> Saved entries
•••

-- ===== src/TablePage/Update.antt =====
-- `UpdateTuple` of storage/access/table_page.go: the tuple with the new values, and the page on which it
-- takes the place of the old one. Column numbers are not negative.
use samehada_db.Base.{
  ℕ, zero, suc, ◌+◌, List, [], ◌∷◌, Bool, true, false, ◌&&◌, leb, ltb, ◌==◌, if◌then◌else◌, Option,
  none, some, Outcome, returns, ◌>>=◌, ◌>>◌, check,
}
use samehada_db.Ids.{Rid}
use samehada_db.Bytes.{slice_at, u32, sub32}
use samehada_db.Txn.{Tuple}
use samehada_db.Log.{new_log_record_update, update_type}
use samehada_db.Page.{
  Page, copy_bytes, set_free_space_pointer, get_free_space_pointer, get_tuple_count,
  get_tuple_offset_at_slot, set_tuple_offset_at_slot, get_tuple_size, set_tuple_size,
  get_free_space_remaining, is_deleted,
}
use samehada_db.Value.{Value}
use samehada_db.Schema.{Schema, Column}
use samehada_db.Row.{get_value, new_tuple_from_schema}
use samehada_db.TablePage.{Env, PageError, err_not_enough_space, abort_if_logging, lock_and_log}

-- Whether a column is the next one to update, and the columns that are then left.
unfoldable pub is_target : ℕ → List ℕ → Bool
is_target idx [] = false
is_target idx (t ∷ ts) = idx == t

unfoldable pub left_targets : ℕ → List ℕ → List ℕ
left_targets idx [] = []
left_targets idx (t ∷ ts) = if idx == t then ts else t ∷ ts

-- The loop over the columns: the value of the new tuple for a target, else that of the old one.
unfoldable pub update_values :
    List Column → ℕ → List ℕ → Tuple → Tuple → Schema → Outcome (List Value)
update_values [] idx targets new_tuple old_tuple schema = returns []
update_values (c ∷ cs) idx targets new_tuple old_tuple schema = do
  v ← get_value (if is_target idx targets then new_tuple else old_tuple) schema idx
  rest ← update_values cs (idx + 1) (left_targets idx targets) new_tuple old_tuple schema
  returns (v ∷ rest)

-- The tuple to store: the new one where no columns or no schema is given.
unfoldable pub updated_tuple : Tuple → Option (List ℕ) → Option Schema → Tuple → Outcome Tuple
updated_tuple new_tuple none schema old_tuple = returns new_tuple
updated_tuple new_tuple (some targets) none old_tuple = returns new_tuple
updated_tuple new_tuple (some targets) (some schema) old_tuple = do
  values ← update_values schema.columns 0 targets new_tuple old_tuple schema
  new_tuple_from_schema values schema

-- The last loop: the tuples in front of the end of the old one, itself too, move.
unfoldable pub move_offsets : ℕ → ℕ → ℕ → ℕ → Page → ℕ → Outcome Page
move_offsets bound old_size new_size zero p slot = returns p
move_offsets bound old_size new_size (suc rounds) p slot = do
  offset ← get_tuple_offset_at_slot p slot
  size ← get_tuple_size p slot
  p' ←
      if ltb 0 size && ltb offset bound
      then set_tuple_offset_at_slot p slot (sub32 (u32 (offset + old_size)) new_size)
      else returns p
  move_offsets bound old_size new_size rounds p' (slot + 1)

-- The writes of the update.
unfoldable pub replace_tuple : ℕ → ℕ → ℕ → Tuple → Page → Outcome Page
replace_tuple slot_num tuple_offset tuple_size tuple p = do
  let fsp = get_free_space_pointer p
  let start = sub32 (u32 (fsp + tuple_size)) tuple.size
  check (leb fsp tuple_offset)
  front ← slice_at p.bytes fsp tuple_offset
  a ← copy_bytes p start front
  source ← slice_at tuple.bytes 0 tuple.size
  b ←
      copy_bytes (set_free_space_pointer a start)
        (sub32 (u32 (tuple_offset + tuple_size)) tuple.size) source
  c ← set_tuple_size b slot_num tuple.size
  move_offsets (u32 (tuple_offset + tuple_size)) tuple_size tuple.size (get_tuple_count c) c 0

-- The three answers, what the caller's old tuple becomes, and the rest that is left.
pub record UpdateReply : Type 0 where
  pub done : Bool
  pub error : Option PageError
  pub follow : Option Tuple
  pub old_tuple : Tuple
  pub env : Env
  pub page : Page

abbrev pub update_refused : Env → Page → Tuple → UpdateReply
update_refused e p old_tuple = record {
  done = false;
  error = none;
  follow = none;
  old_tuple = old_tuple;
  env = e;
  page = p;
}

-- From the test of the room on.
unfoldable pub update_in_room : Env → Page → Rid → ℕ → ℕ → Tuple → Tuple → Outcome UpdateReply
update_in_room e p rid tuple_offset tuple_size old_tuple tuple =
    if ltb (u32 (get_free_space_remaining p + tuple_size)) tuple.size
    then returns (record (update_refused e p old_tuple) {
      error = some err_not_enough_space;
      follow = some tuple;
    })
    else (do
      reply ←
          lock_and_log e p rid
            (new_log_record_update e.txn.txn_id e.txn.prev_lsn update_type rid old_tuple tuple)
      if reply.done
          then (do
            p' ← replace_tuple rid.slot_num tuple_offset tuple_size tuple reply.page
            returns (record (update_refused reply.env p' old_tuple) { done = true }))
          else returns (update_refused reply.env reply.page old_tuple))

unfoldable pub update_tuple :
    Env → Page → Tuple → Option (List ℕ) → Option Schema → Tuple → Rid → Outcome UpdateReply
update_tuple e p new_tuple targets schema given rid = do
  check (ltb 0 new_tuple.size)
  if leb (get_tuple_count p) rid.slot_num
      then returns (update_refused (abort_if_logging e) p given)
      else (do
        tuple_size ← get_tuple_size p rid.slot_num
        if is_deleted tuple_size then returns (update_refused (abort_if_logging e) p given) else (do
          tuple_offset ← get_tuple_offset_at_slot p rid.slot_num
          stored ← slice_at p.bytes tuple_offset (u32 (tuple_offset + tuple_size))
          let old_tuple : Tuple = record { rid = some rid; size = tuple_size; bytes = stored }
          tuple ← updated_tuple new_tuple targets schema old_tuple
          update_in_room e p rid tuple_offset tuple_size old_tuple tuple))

•••

> Required action
Above are the records; print exactly the lines from the line with "unfoldable pub updated_tuple" to the line with "if ltb 0 size && ltb offset bound", including both, and nothing else.

> Task answer
unfoldable pub updated_tuple : Tuple → Option (List ℕ) → Option Schema → Tuple → Outcome Tuple
updated_tuple new_tuple none schema old_tuple = returns new_tuple
updated_tuple new_tuple (some targets) none old_tuple = returns new_tuple
updated_tuple new_tuple (some targets) (some schema) old_tuple = do
  values ← update_values schema.columns 0 targets new_tuple old_tuple schema
  new_tuple_from_schema values schema

-- The last loop: the tuples in front of the end of the old one, itself too, move.
unfoldable pub move_offsets : ℕ → ℕ → ℕ → ℕ → Page → ℕ → Outcome Page
move_offsets bound old_size new_size zero p slot = returns p
move_offsets bound old_size new_size (suc rounds) p slot = do
  offset ← get_tuple_offset_at_slot p slot
  size ← get_tuple_size p slot
  p' ←
      if ltb 0 size && ltb offset bound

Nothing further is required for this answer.